Gigantic Effect due to Phase Transition on Thermoelectric Properties of Ionic Sol–Gel Materials
Jin Liu, Wei Xue, Xiaoming Tao
Abstract
Abstract Sol–gel phase transition in ionic thermoelectrical (i‐TE) materials induces large rapid change in viscosity and ionic transport process and is thus expected to yield a drastic variation in thermoelectric properties, crucial in low‐grade waste heat harvesting and wearable electronic applications. In this study, four types of i‐TE materials are prepared and examined.

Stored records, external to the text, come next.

-- ===== src/Jv/Permutations.antt =====
-- `Permutations` of jv/arrayutil.go and its odometer, `permCounter`. A chain of counters linked by
-- `next` is the list of them, the root first. The callback's calls are returned as the list of
-- rows in the order of the calls; `input`, which each call gets too, is the same in all.
pub mod Product
pub mod Odometer
pub mod Laws
use gobase.Base.{
  ℕ, zero, suc, ◌+◌, ◌-◌, Bool, true, false, List, [], ◌∷◌, ◌++◌, Option, none, some, if◌then◌else◌,
  length, get_or, map, eqb,
}
use gobase.Base.Int.{ℤ, pos, negsuc, sub_ℕ, leb_ℤ, ltb_ℤ}
use gobase.Jv.Select.{reverse}

pub record PermCounter : Type 0 where
  pub value : ℕ
  pub max : ℤ

-- `Value`: the counters after this one, then this one; -1 for a column with no option.
unfoldable pub value_of : PermCounter → ℤ
value_of p = if ltb_ℤ p.max (pos 0) then negsuc 0 else pos p.value

unfoldable pub values : List PermCounter → List ℤ
unfolding value_of
values [] = []
values (p ∷ next) = values next ++ value_of p ∷ []

-- `Incr`: false when every counter is at its maximum; the last of them is then left as it is.
unfoldable pub incr : List PermCounter → Bool × List PermCounter
incr [] = (false, [])
incr (p ∷ []) =
    if leb_ℤ p.max (pos p.value)
    then (false, p ∷ [])
    else (true, record p { value = p.value + 1 } ∷ [])
incr (p ∷ q ∷ next) =
    let rest = incr (q ∷ next) in
    if leb_ℤ p.max (pos p.value)
    then (rest.0, record p { value = 0 } ∷ rest.1)
    else (true, record p { value = p.value + 1 } ∷ q ∷ next)

-- The counter of one column: `max: len(row) - 1`.
counter_for {ℓ} : {B : Type ℓ} → List B → PermCounter
counter_for row = record { value = 0; max = sub_ℕ (length row) 1 }

module _ {ℓ} {B : Type ℓ} where
  -- The loop that links the counters: the root for the first row, then one behind the last.
  link : List (List B) → List PermCounter → List PermCounter
  unfolding counter_for
  link [] chain = chain
  link (row ∷ rest) chain = link rest (chain ++ counter_for row ∷ [])

  unfoldable pub select_at : B → List B → ℤ → B
  select_at default_value row (pos index) = get_or row index default_value
  select_at default_value row (negsuc n) = default_value

  -- `input[i]` and `index`, read side by side.
  unfoldable pub select_indexes : B → List (List B) → List ℤ → List B
  unfolding select_at
  select_indexes default_value input [] = []
  select_indexes default_value [] (index ∷ indexes) = []
  select_indexes default_value (row ∷ input) (index ∷ indexes) =
      select_at default_value row index ∷ select_indexes default_value input indexes

  -- `for { … }`: `none` means that the fuel ran out.
  perm_loop : ℕ → B → List (List B) → List PermCounter → List (List B) → Option (List (List B))
  perm_loop zero default_value options root rows = none
  perm_loop (suc fuel) default_value options root rows =
      let rows' = rows ++ select_indexes default_value options (values root) ∷ [] in
      let rest = perm_loop fuel default_value options (incr root).1 rows' in
      if (incr root).0 then rest else some rows'

module _ {ℓ κ} {A : Type ℓ} {B : Type κ} where
  unfoldable pub permutations : ℕ → B → List A → (A → List B) → Option (List (List B))
  unfolding link perm_loop
  permutations fuel default_value [] extract = some []
  permutations fuel default_value (item ∷ rest) extract =
      let options = map extract (item ∷ rest) in
      perm_loop fuel default_value options (link (reverse options) []) []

For the first time, a large rise in the thermopower by 6.5 times during the sol–gel transition of poloxamer/LiCl system is observed, an even greater ionic figure of merit by ≈23 times. The phenomenon is found to be universal as the large variation in thermopower is confirmed in the other transitional materials. The study further reveals the mechanism and proposes a model that deals with the whole process. Finally, six factors influencing the huge variation of the thermopower during the phase‐transition are probed and light is shed on the possible gigantic changes of thermopower during the phase transition. A possible route is uncovered to design and control the desired thermoelectric performances of materials, which can lead to a new sight in tunable i‐TE devices for low‐heat energy harvesting applications.